Problem description -
Which lines hold the string "abbrev"? Copy each of them from the material below.

Working data -

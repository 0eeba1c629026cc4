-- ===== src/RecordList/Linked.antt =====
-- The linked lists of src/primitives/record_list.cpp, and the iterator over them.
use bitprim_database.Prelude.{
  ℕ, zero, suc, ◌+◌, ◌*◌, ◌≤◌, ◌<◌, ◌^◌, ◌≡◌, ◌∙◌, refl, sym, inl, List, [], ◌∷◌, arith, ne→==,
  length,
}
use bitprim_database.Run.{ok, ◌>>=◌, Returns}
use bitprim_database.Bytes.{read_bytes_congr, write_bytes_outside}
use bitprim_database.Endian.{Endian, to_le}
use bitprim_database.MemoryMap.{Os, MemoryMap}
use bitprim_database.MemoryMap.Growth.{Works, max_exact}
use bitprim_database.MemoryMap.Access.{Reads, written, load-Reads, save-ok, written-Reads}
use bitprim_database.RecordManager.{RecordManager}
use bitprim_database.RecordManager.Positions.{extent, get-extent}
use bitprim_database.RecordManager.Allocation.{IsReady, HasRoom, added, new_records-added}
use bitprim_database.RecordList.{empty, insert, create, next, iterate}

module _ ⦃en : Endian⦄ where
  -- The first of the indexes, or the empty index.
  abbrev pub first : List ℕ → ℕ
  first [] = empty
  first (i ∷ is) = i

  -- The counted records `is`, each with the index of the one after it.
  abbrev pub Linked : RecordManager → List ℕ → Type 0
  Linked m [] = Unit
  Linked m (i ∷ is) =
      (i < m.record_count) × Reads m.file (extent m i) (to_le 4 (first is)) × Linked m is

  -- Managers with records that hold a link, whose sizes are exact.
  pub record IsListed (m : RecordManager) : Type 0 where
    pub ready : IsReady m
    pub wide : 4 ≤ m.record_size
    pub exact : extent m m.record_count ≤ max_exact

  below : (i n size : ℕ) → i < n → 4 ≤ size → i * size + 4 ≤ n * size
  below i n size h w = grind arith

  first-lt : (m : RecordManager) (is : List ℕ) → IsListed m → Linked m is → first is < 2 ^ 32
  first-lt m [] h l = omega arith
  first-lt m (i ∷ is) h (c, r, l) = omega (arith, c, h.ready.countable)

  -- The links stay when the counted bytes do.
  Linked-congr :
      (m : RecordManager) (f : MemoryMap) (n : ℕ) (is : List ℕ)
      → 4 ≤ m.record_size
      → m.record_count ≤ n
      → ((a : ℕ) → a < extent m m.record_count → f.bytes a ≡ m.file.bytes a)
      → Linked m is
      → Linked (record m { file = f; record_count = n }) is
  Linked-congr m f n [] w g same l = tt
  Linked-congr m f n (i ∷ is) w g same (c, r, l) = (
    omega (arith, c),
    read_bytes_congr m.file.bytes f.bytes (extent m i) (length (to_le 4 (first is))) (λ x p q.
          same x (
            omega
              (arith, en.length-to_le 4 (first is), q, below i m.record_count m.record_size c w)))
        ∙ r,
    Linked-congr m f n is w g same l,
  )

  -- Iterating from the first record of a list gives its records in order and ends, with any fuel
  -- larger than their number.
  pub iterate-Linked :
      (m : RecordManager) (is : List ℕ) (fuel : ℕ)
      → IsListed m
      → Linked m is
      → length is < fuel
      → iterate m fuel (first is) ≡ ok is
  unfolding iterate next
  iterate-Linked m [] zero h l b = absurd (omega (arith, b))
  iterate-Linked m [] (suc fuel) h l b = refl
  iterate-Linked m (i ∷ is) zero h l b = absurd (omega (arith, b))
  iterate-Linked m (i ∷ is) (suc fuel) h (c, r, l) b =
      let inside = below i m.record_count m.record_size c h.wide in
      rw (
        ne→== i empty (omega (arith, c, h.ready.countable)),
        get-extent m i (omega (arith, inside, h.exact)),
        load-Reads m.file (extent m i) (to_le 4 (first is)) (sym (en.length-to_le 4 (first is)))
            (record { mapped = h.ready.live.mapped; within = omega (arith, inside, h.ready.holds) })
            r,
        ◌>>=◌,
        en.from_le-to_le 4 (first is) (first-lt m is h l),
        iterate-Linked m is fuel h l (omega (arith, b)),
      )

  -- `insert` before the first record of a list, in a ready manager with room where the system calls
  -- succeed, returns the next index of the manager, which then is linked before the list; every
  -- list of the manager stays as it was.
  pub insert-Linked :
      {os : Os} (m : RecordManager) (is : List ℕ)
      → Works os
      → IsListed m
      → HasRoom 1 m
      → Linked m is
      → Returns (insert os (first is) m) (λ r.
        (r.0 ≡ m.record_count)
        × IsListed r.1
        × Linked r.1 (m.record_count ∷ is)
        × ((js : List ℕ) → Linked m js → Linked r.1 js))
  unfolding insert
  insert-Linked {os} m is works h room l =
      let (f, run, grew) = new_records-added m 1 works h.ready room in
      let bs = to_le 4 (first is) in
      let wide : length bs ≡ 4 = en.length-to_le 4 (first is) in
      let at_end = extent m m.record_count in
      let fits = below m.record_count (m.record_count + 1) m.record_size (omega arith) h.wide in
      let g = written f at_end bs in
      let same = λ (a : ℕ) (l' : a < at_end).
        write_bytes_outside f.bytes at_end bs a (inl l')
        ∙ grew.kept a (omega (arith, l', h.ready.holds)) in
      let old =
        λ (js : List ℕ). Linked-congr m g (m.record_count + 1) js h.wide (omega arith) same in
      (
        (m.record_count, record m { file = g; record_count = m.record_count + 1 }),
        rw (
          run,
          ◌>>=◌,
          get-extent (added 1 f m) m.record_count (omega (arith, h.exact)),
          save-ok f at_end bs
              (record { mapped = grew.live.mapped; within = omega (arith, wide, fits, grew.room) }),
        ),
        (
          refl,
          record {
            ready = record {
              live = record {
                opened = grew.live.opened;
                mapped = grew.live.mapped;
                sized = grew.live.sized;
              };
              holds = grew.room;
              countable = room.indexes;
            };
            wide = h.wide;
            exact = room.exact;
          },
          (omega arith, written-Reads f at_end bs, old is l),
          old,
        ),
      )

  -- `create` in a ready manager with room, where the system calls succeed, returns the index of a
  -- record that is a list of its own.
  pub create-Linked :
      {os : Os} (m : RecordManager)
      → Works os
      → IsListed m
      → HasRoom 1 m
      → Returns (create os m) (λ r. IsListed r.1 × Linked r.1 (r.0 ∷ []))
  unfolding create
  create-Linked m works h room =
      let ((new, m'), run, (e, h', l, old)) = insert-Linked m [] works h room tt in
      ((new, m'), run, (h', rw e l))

Your response -
  abbrev pub first : List ℕ → ℕ
  abbrev pub Linked : RecordManager → List ℕ → Type 0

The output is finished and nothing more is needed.